• **What you are asked to do**
Report every line of the entries that contains the word "unfolding".

=== Begin Enclosure ===

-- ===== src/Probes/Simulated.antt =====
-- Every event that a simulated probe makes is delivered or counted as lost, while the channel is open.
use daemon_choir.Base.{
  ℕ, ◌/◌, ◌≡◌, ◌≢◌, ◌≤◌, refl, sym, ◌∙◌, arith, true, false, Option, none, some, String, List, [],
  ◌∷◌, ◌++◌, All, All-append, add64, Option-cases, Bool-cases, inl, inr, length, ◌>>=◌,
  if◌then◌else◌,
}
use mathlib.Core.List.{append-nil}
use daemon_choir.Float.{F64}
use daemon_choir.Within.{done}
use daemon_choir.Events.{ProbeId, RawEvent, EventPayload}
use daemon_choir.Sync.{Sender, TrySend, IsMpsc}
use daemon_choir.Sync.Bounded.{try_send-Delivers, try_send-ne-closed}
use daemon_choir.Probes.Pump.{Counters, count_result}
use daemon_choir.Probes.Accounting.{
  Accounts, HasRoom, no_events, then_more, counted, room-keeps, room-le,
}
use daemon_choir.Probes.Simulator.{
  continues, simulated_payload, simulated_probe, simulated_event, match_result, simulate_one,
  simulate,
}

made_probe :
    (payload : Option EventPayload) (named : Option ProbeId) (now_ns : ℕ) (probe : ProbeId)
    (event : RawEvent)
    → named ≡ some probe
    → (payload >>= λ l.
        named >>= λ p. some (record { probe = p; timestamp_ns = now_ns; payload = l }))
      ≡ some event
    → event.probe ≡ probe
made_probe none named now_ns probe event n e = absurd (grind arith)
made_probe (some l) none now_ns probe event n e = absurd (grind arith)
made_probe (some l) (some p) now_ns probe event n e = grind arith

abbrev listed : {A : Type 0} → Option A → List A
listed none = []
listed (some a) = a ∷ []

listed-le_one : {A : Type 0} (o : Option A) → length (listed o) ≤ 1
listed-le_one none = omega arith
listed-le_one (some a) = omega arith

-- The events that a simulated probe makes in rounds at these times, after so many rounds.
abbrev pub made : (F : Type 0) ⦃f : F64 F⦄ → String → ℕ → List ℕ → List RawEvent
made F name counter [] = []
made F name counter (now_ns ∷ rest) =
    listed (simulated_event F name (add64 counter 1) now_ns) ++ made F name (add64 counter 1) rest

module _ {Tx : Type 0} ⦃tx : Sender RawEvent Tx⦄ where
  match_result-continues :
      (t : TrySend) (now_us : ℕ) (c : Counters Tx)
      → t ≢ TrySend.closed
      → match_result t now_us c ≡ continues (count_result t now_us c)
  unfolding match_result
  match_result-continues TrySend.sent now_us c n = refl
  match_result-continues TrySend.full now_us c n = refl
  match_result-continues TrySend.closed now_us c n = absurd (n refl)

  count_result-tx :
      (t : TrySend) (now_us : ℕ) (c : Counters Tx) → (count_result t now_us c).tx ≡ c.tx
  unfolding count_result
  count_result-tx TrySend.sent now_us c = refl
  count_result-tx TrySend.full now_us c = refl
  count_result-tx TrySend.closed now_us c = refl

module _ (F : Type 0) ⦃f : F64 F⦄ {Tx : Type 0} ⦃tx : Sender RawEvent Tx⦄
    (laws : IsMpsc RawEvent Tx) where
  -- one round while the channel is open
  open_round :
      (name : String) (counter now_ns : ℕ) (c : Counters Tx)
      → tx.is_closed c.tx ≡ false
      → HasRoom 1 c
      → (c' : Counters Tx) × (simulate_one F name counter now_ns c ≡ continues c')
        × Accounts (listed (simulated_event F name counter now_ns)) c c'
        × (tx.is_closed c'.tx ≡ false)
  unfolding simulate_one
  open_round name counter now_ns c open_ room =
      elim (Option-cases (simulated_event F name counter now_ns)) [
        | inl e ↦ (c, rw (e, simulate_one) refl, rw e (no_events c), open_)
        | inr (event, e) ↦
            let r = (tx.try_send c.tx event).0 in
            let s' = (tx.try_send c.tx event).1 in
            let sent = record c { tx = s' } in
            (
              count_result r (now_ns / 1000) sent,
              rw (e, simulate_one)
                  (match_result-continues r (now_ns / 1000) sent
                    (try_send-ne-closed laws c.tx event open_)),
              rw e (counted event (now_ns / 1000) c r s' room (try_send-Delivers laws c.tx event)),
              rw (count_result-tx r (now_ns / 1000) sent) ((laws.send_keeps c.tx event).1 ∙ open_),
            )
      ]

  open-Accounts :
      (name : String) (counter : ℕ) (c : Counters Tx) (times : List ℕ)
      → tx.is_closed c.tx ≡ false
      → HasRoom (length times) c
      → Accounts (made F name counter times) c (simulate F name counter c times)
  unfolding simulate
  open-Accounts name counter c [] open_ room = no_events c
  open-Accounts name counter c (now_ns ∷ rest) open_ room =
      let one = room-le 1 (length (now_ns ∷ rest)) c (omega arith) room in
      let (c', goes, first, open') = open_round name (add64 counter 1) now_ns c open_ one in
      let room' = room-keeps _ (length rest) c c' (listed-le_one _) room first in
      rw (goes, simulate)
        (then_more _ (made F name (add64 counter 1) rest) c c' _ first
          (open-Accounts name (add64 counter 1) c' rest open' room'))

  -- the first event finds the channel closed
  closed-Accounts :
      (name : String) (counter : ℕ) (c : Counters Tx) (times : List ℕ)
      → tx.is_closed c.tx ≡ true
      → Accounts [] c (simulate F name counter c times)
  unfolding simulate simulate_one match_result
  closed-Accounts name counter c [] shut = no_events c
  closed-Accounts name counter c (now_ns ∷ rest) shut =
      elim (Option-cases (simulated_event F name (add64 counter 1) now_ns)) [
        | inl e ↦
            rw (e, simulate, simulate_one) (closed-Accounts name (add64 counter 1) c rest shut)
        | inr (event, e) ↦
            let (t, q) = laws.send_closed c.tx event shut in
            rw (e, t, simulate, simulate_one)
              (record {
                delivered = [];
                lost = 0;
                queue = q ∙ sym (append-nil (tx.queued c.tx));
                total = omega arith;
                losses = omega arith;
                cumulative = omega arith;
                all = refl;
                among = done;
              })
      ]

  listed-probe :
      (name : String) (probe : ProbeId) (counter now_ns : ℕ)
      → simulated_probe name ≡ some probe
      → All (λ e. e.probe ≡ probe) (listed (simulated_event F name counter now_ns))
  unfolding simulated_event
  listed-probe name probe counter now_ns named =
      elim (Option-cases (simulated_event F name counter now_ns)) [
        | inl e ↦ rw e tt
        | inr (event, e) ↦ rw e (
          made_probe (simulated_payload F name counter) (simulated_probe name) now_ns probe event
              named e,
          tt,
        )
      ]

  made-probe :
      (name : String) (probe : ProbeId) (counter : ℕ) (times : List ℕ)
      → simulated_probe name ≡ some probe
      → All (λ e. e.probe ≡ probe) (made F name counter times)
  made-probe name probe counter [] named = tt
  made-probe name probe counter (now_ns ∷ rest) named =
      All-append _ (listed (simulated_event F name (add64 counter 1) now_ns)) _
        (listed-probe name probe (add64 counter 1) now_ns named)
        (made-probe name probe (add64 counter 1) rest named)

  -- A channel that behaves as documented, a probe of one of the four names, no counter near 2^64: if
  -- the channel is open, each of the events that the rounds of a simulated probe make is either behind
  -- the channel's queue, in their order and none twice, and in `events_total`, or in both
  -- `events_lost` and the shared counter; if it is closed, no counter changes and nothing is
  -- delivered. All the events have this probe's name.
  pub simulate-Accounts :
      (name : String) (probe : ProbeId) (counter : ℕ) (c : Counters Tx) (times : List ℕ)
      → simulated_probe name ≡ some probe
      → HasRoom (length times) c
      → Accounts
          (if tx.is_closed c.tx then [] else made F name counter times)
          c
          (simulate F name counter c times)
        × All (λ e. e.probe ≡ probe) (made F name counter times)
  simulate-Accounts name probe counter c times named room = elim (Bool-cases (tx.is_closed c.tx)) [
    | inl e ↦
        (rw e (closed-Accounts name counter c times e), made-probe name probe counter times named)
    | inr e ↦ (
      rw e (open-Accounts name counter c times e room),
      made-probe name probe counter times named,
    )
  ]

=== End Enclosure ===

• **Reply to the exercise**
  unfolding match_result
  unfolding count_result
  unfolding simulate_one
  unfolding simulate
  unfolding simulate simulate_one match_result
  unfolding simulated_event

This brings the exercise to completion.